[Data section Boundary: Start]

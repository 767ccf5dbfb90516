-- ===== src/AsyncLib/Calls.antt =====
-- Calls through a shared buffer: what posting an item does, and how the reply gets back to the
-- coroutine that waits for it.
use native.Mathlib.Decide.{dec_lt}
use rust_root_task_demo.Common.{
  write_in_range, get_or-set_self, length-set, arith, Option, ap, sym, ◌>>=◌, read_in_range, panic,
  ret, Outcome, err, ok, set, get_or, length, Bool-cases, ltb_of_le, ltb_of_lt, ==_ne, ==_self, [],
  List, some, none, false, true, Bool, inr, inl, refl, ◌∙◌, if◌then◌else◌, ◌==◌, ◌++◌, ◌∷◌, ◌≢◌,
  ◌≡◌, ◌<◌, ◌≤◌, ◌^◌, ◌+◌, ℕ,
}
use rust_root_task_demo.Utils.Queue
use rust_root_task_demo.Utils.SafeRingBuffer.Laws.{
  IsValid, contents, push_safe_refines, length-contents,
}
use rust_root_task_demo.NewBuffer.{
  IpcItem, NewBuffer, ItemsQueue, max_item_num, new_item, write_free_item,
}
use rust_root_task_demo.Executor.{Executor, wake}
use rust_root_task_demo.AsyncLib.{
  World, lookup, store, syscall_sender, notify, post_item, post_to, convert_option_mut_ref,
  call_begin, yield_resumed, call_resumed, reply_of, wake_with_value, coroutine_get_current,
}

abbrev pub IsQueue : ItemsQueue → Type 0
IsQueue q = IsValid new_item max_item_num q.buffer

-- The items of a queue, oldest first
abbrev pub items_of : ItemsQueue → List IpcItem
items_of q = contents new_item max_item_num q.buffer

-- `write_free_item` on a queue that is not full, and on one that is
pub write_room :
    (q : ItemsQueue) (item : IpcItem)
    → IsQueue q
    → length (items_of q) < max_item_num
    → (q' : ItemsQueue) × (write_free_item q item ≡ ret (ok tt, q'))
      × (items_of q' ≡ items_of q ++ (item ∷ []))
      × IsQueue q'
unfolding write_free_item Queue.push
write_room q item v room =
    let (r, pushes, held, valid) = push_safe_refines new_item max_item_num q.buffer v item in
    let test = ltb_of_lt (length (items_of q)) max_item_num room in
    (record { buffer = r }, rw pushes (rw test refl), held ∙ (rw test refl), valid)

pub write_full :
    (q : ItemsQueue) (item : IpcItem)
    → IsQueue q
    → max_item_num ≤ length (items_of q)
    → (q' : ItemsQueue) × (write_free_item q item ≡ ret (err, q'))
unfolding write_free_item Queue.push
write_full q item v full =
    let (r, pushes, _, _) = push_safe_refines new_item max_item_num q.buffer v item in
    (record { buffer = r }, rw pushes (rw (ltb_of_le (length (items_of q)) max_item_num full) refl))

module _ {ℓ} {F : Type ℓ} where
  -- Who has been told to run, by a call that found the receiver's flag `told`.
  pub record Notified (w w' : World F) (sender_id : ℕ) (told : Bool) : Type 0 where
    pub uipis : w'.uipis ≡ (
        if told
        then w.uipis
        else if sender_id == syscall_sender
        then w.uipis
        else sender_id ∷ w.uipis)
    pub syscall_wakes : w'.syscall_wakes ≡ (
        if told
        then w.syscall_wakes
        else if sender_id == syscall_sender
        then w.syscall_wakes + 1
        else w.syscall_wakes)

  -- What a call does with the buffer of its sender, up to its `await`.
  pub data Posts (w : World F) (ptr sender_id : ℕ) (item : IpcItem) (b : NewBuffer)
      : Outcome (Bool × World F) → Type ℓ where
    queue_full : length (items_of b.req_items) ≡ max_item_num → Posts w ptr sender_id item b panic
    posted :
        (b' : NewBuffer) (w' : World F)
        → lookup ptr w'.buffers ≡ some b'
        → items_of b'.req_items ≡ items_of b.req_items ++ (item ∷ [])
        → IsQueue b'.req_items
        → b'.recv_req_status ≡ true
        → b'.res_items ≡ b.res_items
        → Notified w w' sender_id b.recv_req_status
        → Posts w ptr sender_id item b (ret (true, w'))

  module _ (w : World F) (ptr sender_id : ℕ) (item : IpcItem) (b : NewBuffer)
      (v : IsQueue b.req_items) (counts : w.submit_syscall_cnt + 1 < 2 ^ 64) where
    found_self :
        (b' : NewBuffer) (rest : List (ℕ × NewBuffer)) → lookup ptr ((ptr, b') ∷ rest) ≡ some b'
    unfolding lookup
    found_self b' rest = rw (==_self ptr) refl

    write-Posts :
        (status : Bool)
        → b.recv_req_status ≡ status
        → (q : ItemsQueue) → write_free_item b.req_items item ≡ ret (ok tt, q)
        → items_of q ≡ items_of b.req_items ++ (item ∷ [])
        → IsQueue q
        → Posts w ptr sender_id item b (post_to true w ptr sender_id item (some b))
    unfolding post_to post_item notify store
    write-Posts true told q writes held valid =
        rw (writes, told)
          (posted (record b { req_items = q; recv_req_status = true })
            (store w ptr (record b { req_items = q; recv_req_status = true }))
            (found_self (record b { req_items = q; recv_req_status = true }) w.buffers) held valid
            refl refl (record { uipis = refl; syscall_wakes = refl }))
    write-Posts false told q writes held valid = elim (Bool-cases (sender_id == syscall_sender)) [
      | inl kernel ↦
          rw (writes, told, kernel, ltb_of_lt (w.submit_syscall_cnt + 1) (2 ^ 64) counts)
            (posted new_b
              (record (store w ptr new_b) {
                submit_syscall_cnt = w.submit_syscall_cnt + 1;
                syscall_wakes = w.syscall_wakes + 1;
              })
              (found_self new_b w.buffers) held valid refl refl
              (record { uipis = rw kernel refl; syscall_wakes = rw kernel refl }))
      | inr other ↦
          rw (writes, told, other)
            (posted new_b (record (store w ptr new_b) { uipis = sender_id ∷ w.uipis })
              (found_self new_b w.buffers) held valid refl refl
              (record { uipis = rw other refl; syscall_wakes = rw other refl }))
    ]
      where
        new_b : NewBuffer
        new_b = record b { req_items = q; recv_req_status = true }

    call-Posts : Posts w ptr sender_id item b (post_to true w ptr sender_id item (some b))
    call-Posts = elim (dec_lt (length (items_of b.req_items)) max_item_num) [
      | yes room ↦
          let (q, writes, held, valid) = write_room b.req_items item v room in
          write-Posts b.recv_req_status refl q writes held valid
      | no full ↦
          let held : length (items_of b.req_items) ≡ b.req_items.buffer.count =
            length-contents new_item max_item_num b.req_items.buffer v in
          let at_end : length (items_of b.req_items) ≡ max_item_num =
            omega (arith, full, held, v.count_in) in
          let (q, fails) = write_full b.req_items item v (omega (arith, full)) in
          unfold post_to post_item in rw fails (queue_full at_end)
    ]

    -- `seL4_Call_with_item` up to its `await`, through a sender with a buffer whose queue of requests
    -- is valid: it panics if the queue is full; otherwise the item is the last request, the
    -- receiver's flag is set, and the receiver is told to run if the flag was not set before: by the
    -- kernel's handler for sender 63, by a user interrupt for any other.
    pub call_begin-Posts :
        ptr ≢ 0
        → sender_id < length w.sender_map
        → get_or w.sender_map sender_id 0 ≡ ptr
        → lookup ptr w.buffers ≡ some b
        → Posts w ptr sender_id item b (call_begin w sender_id item)
    unfolding call_begin convert_option_mut_ref
    call_begin-Posts some_ptr lt registered found =
        rw (read_in_range w.sender_map sender_id 0 lt, registered, ==_ne ptr 0 some_ptr, found)
          call-Posts

  -- What `wake_with_value` leaves when it returns.
  given :
      (w w' : World F) (cid : ℕ) (item : IpcItem)
      → cid < length w.immediate_value
      → wake_with_value w cid item ≡ ret w'
      → w'.immediate_value ≡ set w.immediate_value cid (some item)
  unfolding wake_with_value
  given w w' cid item lt gives =
      from_wake (wake w.executor cid)
        (sym (rw (write_in_range w.immediate_value cid (some item) lt) refl) ∙ gives)
    where
      from_wake :
          (o : Outcome (Executor F))
          → (o >>= λ e₁.
              ret (record w {
                immediate_value = set w.immediate_value cid (some item);
                executor = e₁;
              }))
            ≡ ret w'
          → w'.immediate_value ≡ set w.immediate_value cid (some item)
      from_wake panic q = absurd (cc)
      from_wake (ret e₁) q =
          let same : record w {
            immediate_value = set w.immediate_value cid (some item);
            executor = e₁;
          }
              ≡ w' =
            cc in
          sym (ap (λ (u : World F). u.immediate_value) same)

  -- What `wake_with_value` gives a coroutine is what its call returns when the coroutine runs next,
  -- with the rest of the thread as it is then; the value is gone after that.
  pub call_resumed-wake_with_value :
      (w w' : World F) (cid : ℕ) (item : IpcItem) (e : Executor F)
      → cid < length w.immediate_value
      → wake_with_value w cid item ≡ ret w'
      → e.current ≡ some cid
      → call_resumed (record w' { executor = e })
        ≡ ret
            (ok item, record w' { executor = e; immediate_value = set w'.immediate_value cid none })
  unfolding call_resumed yield_resumed reply_of coroutine_get_current
  call_resumed-wake_with_value w w' cid item e lt gives runs =
      let there : w'.immediate_value ≡ set w.immediate_value cid (some item) =
        given w w' cid item lt gives in
      let in_range : cid < length w'.immediate_value =
        omega (arith, lt, ap length there, length-set w.immediate_value cid (some item)) in
      let value : get_or w'.immediate_value cid none ≡ some item =
        ap (λ (l : List (Option IpcItem)). get_or l cid none) there
        ∙ get_or-set_self w.immediate_value cid (some item) none lt in
      rw
        (
          runs,
          read_in_range w'.immediate_value cid none in_range,
          write_in_range w'.immediate_value cid none in_range,
          value,
        )
        refl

[Data section Boundary: End]

* **Work request**: Please return the lines above that run from the line containing "abbrev pub items_of" to the line containing "b'.res_items ≡ b.res_items", inclusive, exactly and with no other lines.

* **Response below**:
abbrev pub items_of : ItemsQueue → List IpcItem
items_of q = contents new_item max_item_num q.buffer

-- `write_free_item` on a queue that is not full, and on one that is
pub write_room :
    (q : ItemsQueue) (item : IpcItem)
    → IsQueue q
    → length (items_of q) < max_item_num
    → (q' : ItemsQueue) × (write_free_item q item ≡ ret (ok tt, q'))
      × (items_of q' ≡ items_of q ++ (item ∷ []))
      × IsQueue q'
unfolding write_free_item Queue.push
write_room q item v room =
    let (r, pushes, held, valid) = push_safe_refines new_item max_item_num q.buffer v item in
    let test = ltb_of_lt (length (items_of q)) max_item_num room in
    (record { buffer = r }, rw pushes (rw test refl), held ∙ (rw test refl), valid)

pub write_full :
    (q : ItemsQueue) (item : IpcItem)
    → IsQueue q
    → max_item_num ≤ length (items_of q)
    → (q' : ItemsQueue) × (write_free_item q item ≡ ret (err, q'))
unfolding write_free_item Queue.push
write_full q item v full =
    let (r, pushes, _, _) = push_safe_refines new_item max_item_num q.buffer v item in
    (record { buffer = r }, rw pushes (rw (ltb_of_le (length (items_of q)) max_item_num full) refl))

module _ {ℓ} {F : Type ℓ} where
  -- Who has been told to run, by a call that found the receiver's flag `told`.
  pub record Notified (w w' : World F) (sender_id : ℕ) (told : Bool) : Type 0 where
    pub uipis : w'.uipis ≡ (
        if told
        then w.uipis
        else if sender_id == syscall_sender
        then w.uipis
        else sender_id ∷ w.uipis)
    pub syscall_wakes : w'.syscall_wakes ≡ (
        if told
        then w.syscall_wakes
        else if sender_id == syscall_sender
        then w.syscall_wakes + 1
        else w.syscall_wakes)

  -- What a call does with the buffer of its sender, up to its `await`.
  pub data Posts (w : World F) (ptr sender_id : ℕ) (item : IpcItem) (b : NewBuffer)
      : Outcome (Bool × World F) → Type ℓ where
    queue_full : length (items_of b.req_items) ≡ max_item_num → Posts w ptr sender_id item b panic
    posted :
        (b' : NewBuffer) (w' : World F)
        → lookup ptr w'.buffers ≡ some b'
        → items_of b'.req_items ≡ items_of b.req_items ++ (item ∷ [])
        → IsQueue b'.req_items
        → b'.recv_req_status ≡ true
        → b'.res_items ≡ b.res_items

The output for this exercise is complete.